And no, I don't have a solution to stop this occurring this Xmas too


----------



## ronwash (Mar 26, 2011)

Id never sell such an amazing gift,or any other..well.. i love ADS products.
I dont agree with selling a gift,however,nobody made us judge&executioners,so lets take it easier,as we dont know anything about the guy and his life story.
Anyway,95% of all prize winners use it,so its a insignificant phenomenon at most.


----------



## Jonnybbad (Jun 12, 2013)

This annoys me personally as I wasn't lucky enough to win anything and would have liked to had the opportunity this person had to try some ads products this kind of act just puts a downer on the whole 12 days of Christmas comp when someone feels the need to do this


----------



## Alex L (Oct 25, 2005)

Thats what happens when you have such a large member base, I remember back in the beginning everyone used to send people stuff for free and no-one tried profiting from it. L200 Stevedand Epoch being especially generous. (Aswell as Whizzer and Johnnyopolis for starting this forum out of their own pockets and giving up their own time).

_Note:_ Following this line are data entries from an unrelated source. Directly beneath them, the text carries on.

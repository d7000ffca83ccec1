-- ===== src/Tests/Shared.antt =====
-- Events, correlation keys and parse errors at concrete inputs.
use ahp_inspector.Base.{◌+◌, ◌≤◌, true, ◌≡◌, ◌↔◌, refl}
use ahp_inspector.Base.Int.{negsuc}
use ahp_inspector.Shared.Json.{obj, field, end, arr, cons, nil, num, null, bool}
use ahp_inspector.Shared.Stringify.{stringify}
use ahp_inspector.Shared.Event.{s2c, c2s}
use ahp_inspector.Shared.Correlation.{
  opposite, correlation_key_for_request, correlation_key_for_response,
}
use ahp_inspector.Shared.Correlation.Injective.{correlation_keys_iff}
use ahp_inspector.Shared.ParseError.{utf8_length, capped, max_raw_text_bytes, capped_bound}
use ahp_inspector.Parser.Normalizer.Shapes.{normalize-IsNormal}
use ahp_inspector.Tests.Samples.{ping, pong, ping_message, pong_message, meta_of}

stringify_test :
    stringify
      (obj (field "a\n" (arr (cons (num (negsuc 11)) (cons null nil))) (field "b" (bool true) end)))
    ≡ "{\"a\\n\":[-12,null],\"b\":true}"
unfolding stringify
stringify_test = refl

correlation_keys_iff_example :
    (correlation_key_for_request ping ≡ correlation_key_for_response pong)
    ↔ ((ping.dir ≡ opposite pong.dir) × (ping.id ≡ pong.id))
correlation_keys_iff_example =
    correlation_keys_iff ping pong (normalize-IsNormal ping_message (meta_of 0 c2s)).id_tag
      (normalize-IsNormal pong_message (meta_of 1 s2c)).id_tag

capped_bound_example :
    (utf8_length "{\"id\":" ≤ max_raw_text_bytes → capped "{\"id\":" ≡ "{\"id\":")
    × (utf8_length (capped "{\"id\":") ≤ max_raw_text_bytes + 2)
capped_bound_example = capped_bound "{\"id\":"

You see it in the Tac Sys section where a bit of a language barrier has resulted in people being rude. Just because they were asked to pay for the shipping from Korea for free samples.


----------



## cole_scirocco (Mar 5, 2012)

Jonnybbad said:


> This annoys me personally as I wasn't lucky enough to win anything and would have liked to had the opportunity this person had to try some ads products this kind of act just puts a downer on the whole 12 days of Christmas comp when someone feels the need to do this


You got that leather kit though..


----------



## JMLOVE (Sep 26, 2012)

Perhaps someone's got the means/funds to buy it and bring it back in house and finish what should of been done in the first place


----------



## Jonnybbad (Jun 12, 2013)

cole_exclusiv said:


> You got that leather kit though..


Your right which I received kindly from you as you didn't have a use for it exactly how things should work in these kind of situations


----------



## shakey85 (Aug 20, 2013)

i'm tempted to make an offer but wouldn't want to use it on my current banger and would want to keep it for a new car.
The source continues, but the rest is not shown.